1. — Pois, o primeiro princípio, num gênero, não pode ser subordinado ao que é contrário a esse gênero; assim o fogo, princípio do calor, nunca pode ser frio. Ora, o Filho de Deus é a fonte e o princípio de toda a vida, segundo aquilo da Escritura: Em ti está a fonte da vida. Logo, parece que não foi conveniente que Cristo morresse.

2. Demais. — Maior miséria é a morte que a doença, por que por esta se chega àquela. Ora, não é conveniente que Cristo sofresse nenhuma doença, como diz Crisóstomo. Logo, também não o era que morresse.

3. O Senhor diz: Eu vim para terem vida e para a terem em maior abundância. Ora, um contrário não conduz a outro. Logo, parece que não era conveniente que Cristo morresse.

Mas, em contrário, o Evangelho: Convém-vos que morra um homem pelo povo e que não pereça toda a nação.
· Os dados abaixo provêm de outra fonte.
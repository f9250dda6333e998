-- ===== src/Discovery/Unique.antt =====
-- How the candidate that discovery.py selects compares with the others.
use mathlib.Core.List.{Perm}
use airgapped_ai_gateway_k8s.Base.{true, false, List, [], ◌∷◌, none, ◌≡◌, refl, All, keep, arith}
use airgapped_ai_gateway_k8s.Base.Int.{ℤ, pos, negsuc, int_eq, int_leb}
use airgapped_ai_gateway_k8s.Base.Order.{
  tuple_lt_asymm, sorted, sorted-IsSorted, sorted-perm, IsSorted,
}
use airgapped_ai_gateway_k8s.Base.Outcome.{ok, IfOk, IfOk-eq}
use airgapped_ai_gateway_k8s.Discovery.{
  DiscoveryCandidate, int_lt, candidate_lt, has_score, require_unique, select_unique_candidate,
}

int_leb_total : (a b : ℤ) → int_leb a b ≡ false → int_leb b a ≡ true
int_leb_total (pos m) (pos n) h = ground arith
int_leb_total (pos m) (negsuc n) h = refl
int_leb_total (negsuc m) (pos n) h = cc
int_leb_total (negsuc m) (negsuc n) h = ground arith

int_leb_trans : (a b c : ℤ) → int_leb a b ≡ true → int_leb b c ≡ true → int_leb a c ≡ true
int_leb_trans (pos a) (pos b) (pos c) h k = ground arith
int_leb_trans (pos a) (pos b) (negsuc c) h k = cc
int_leb_trans (pos a) (negsuc b) c h k = cc
int_leb_trans (negsuc a) b (pos c) h k = refl
int_leb_trans (negsuc a) (pos b) (negsuc c) h k = cc
int_leb_trans (negsuc a) (negsuc b) (negsuc c) h k = ground arith

int_leb_antisymm : (a b : ℤ) → int_leb a b ≡ true → int_leb b a ≡ true → int_eq a b ≡ true
int_leb_antisymm (pos a) (pos b) h k = ground arith
int_leb_antisymm (pos a) (negsuc b) h k = cc
int_leb_antisymm (negsuc a) (pos b) h k = cc
int_leb_antisymm (negsuc a) (negsuc b) h k = ground arith

int_eq-leb : (a b : ℤ) → int_eq a b ≡ true → int_leb a b ≡ true
int_eq-leb (pos a) (pos b) h = ground arith
int_eq-leb (pos a) (negsuc b) h = cc
int_eq-leb (negsuc a) (pos b) h = cc
int_eq-leb (negsuc a) (negsuc b) h = ground arith

int_eq_comm : (a b : ℤ) → int_eq a b ≡ true → int_eq b a ≡ true
int_eq_comm (pos a) (pos b) h = ground arith
int_eq_comm (pos a) (negsuc b) h = cc
int_eq_comm (negsuc a) (pos b) h = cc
int_eq_comm (negsuc a) (negsuc b) h = ground arith

candidate_lt_asymm : (a b : DiscoveryCandidate) → candidate_lt a b ≡ true → candidate_lt b a ≡ false
unfolding candidate_lt
candidate_lt_asymm a b h = ground (
  arith,
  int_eq_comm a.score b.score,
  int_eq_comm b.score a.score,
  int_leb_total a.score b.score,
  int_leb_total b.score a.score,
  tuple_lt_asymm (a.namespace ∷ a.name ∷ []) (b.namespace ∷ b.name ∷ []),
)

-- What does not go before has no higher score.
leb-candidate_lt :
    (a b : DiscoveryCandidate) → candidate_lt a b ≡ false → int_leb a.score b.score ≡ true
unfolding candidate_lt
leb-candidate_lt a b h = ground (arith, int_eq-leb a.score b.score)

abbrev NotAbove : ℤ → DiscoveryCandidate → Type 0
NotAbove score x = int_leb x.score score ≡ true

NotAbove-rest :
    (score : ℤ) (w : DiscoveryCandidate) (rest : List DiscoveryCandidate)
    → int_leb w.score score ≡ true
    → IsSorted candidate_lt (w ∷ rest)
    → All (NotAbove score) rest
NotAbove-rest score w [] h s = tt
NotAbove-rest score w (x ∷ rest) h s =
    let below = int_leb_trans x.score w.score score (leb-candidate_lt x w s.0) h in
    (below, NotAbove-rest score x rest below s.1)

-- The score is strictly lower.
abbrev pub IsBelow : ℤ → DiscoveryCandidate → Type 0
IsBelow score x = int_lt x.score score ≡ true

IsBelow-rest :
    (score : ℤ) (rest : List DiscoveryCandidate)
    → All (NotAbove score) rest
    → keep (has_score score) rest ≡ []
    → All (IsBelow score) rest
IsBelow-rest score [] h k = tt
IsBelow-rest score (x ∷ rest) h k =
    ground (arith, int_leb_antisymm x.score score, IsBelow-rest score rest h.1)

int_leb_refl : (a : ℤ) → int_leb a a ≡ true
int_leb_refl (pos a) = ground arith
int_leb_refl (negsuc a) = ground arith

-- The candidate is one of those given, and every other has a strictly lower score.
abbrev pub IsBest : List DiscoveryCandidate → DiscoveryCandidate → Type 0
IsBest cs c = (rest : List DiscoveryCandidate) × Perm (c ∷ rest) cs × All (IsBelow c.score) rest

require_unique-IsBest :
    (cs sorted_candidates : List DiscoveryCandidate)
    → Perm sorted_candidates cs
    → IsSorted candidate_lt sorted_candidates
    → IfOk (IsBest cs) (require_unique sorted_candidates)
unfolding require_unique
require_unique-IsBest cs [] p s = tt
require_unique-IsBest cs (w ∷ rest) p s = go (keep (has_score w.score) rest) refl
  where
    go :
        (tied : List DiscoveryCandidate)
        → keep (has_score w.score) rest ≡ tied
        → IfOk (IsBest cs) (require_unique (w ∷ rest))
    go [] e =
        rw (require_unique, e)
          (
            rest,
            p,
            IsBelow-rest w.score rest (NotAbove-rest w.score w rest (int_leb_refl w.score) s) e,
          )
    go (other ∷ others) e = rw (require_unique, e) tt

select-IsBest : (cs : List DiscoveryCandidate) → IfOk (IsBest cs) (select_unique_candidate cs none)
unfolding select_unique_candidate
select-IsBest [] = tt
select-IsBest (c ∷ cs) =
    require_unique-IsBest (c ∷ cs) (sorted candidate_lt (c ∷ cs))
      (sorted-perm candidate_lt (c ∷ cs)) (sorted-IsSorted candidate_lt candidate_lt_asymm (c ∷ cs))

-- Without an override, a candidate that is selected is one of the given candidates, and every other
-- one has a strictly lower score.
pub select_unique_candidate-IsBest :
    (cs : List DiscoveryCandidate) (c : DiscoveryCandidate)
    → select_unique_candidate cs none ≡ ok c
    → IsBest cs c
select_unique_candidate-IsBest cs c e = IfOk-eq (IsBest cs) _ (select-IsBest cs) e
SOLUÇÃO. — Foi conveniente que Cristo morresse. — Primeiro, para satisfazer pelo gênero humano, que tinha sido condenado à morte por causa do pecado, segundo aquilo da Escritura: Em qualquer dia que comeres dele, morrerás de morte. Ora, o modo conveniente de satisfazermos por outrem é nos sujeitarmos àpena que ele merecia. Por isso Cristo quis morrer a fim de morrendo, satisfazer por nós, segundo a Escritura: Cristo uma vez morreu pelos nossos pecados. — Segundo, para mostrar que assumiu verdadeiramente a natureza humana. Pois, como diz Eusébio, se Cristo, depois de ter vivido no meio dos homens, houvesse, para evitar a morte, desaparecido inopinadamente, ocultando-se-lhes aos olhos, todos os teriam julgado um fantasma. — Terceiro, a fim de morrendo, livrar-nos do temor da morte. Donde o dizer o Apóstolo: Ele participou igualmente da carne e do sangue, para destruir pela sua morte ao que tinha o império da morte, isto é, ao diabo; e para livrar aqueles que pelo temor da morte estavam em escravidão toda a vida. — Quarto, a fim de que, morrendo corporalmente, à semelhança do pecado, isto é, da pena, nos desse exemplo de morrer espiritualmente para o pecado. Donde o dizer o Apóstolo: Porque, enquanto a ele morrer pelo pecado, morreu uma só vez; mas, quanto a viver, vive para Deus. Assim também vós considerai-vos como estando mortos para o pecado, mas vivos para Deus, em Nosso Senhor Jesus Cristo. — Quinto, a fim de, ressurgindo dos mortos, mostrasse ao mesmo tempo o seu poder, pelo qual venceu a morte, e nos desse a esperança de ressurgir dos mortos. Donde o dizer o Apóstolo: Se se prega que Cristo ressuscitou dentre os mortos, como dizem alguns dentre vós outros que não há ressurreição de mortos?

DONDE A RESPOSTA À PRIMEIRA OBJEÇÃO. — Cristo é a fonte da vida, como Deus, mas não como homem. Ora, morreu como homem e não como Deus. Donde o dizer Agostinho: Longe de nós pensar que Cristo, sendo ele próprio a vida, morreu perdendo-a; pois, se tal tivesse acontecido, a fonte da vida teria secado. Mas, padeceu a morte enquanto participante da fraqueza humana, que assumira espontaneamente, sem contudo perder o poder da sua natureza, pelo qual tudo vivifica.

RESPOSTA À SEGUNDA. — Cristo não sofreu a morte originada de nenhuma doença, para que não se pensasse que morreu por enfermidade imposta pela natureza. Mas sim, a morte que lhe foi infligida exteriormente, ao que espontaneamente se submeteu para mostrar que era morte voluntária.

RESPOSTA À TERCEIRA. — Um contrário não conduz a outro, essencialmente falando; mas tal pode dar-se por acidente, como quando, por exemplo, o frio aquece acidentalmente. E deste modo Cristo, pela sua morte, nos conduziu àvi ,destruindo a nossa morte como a sua, assim como quem sofre uma pena por outrem, torna-o livre dela.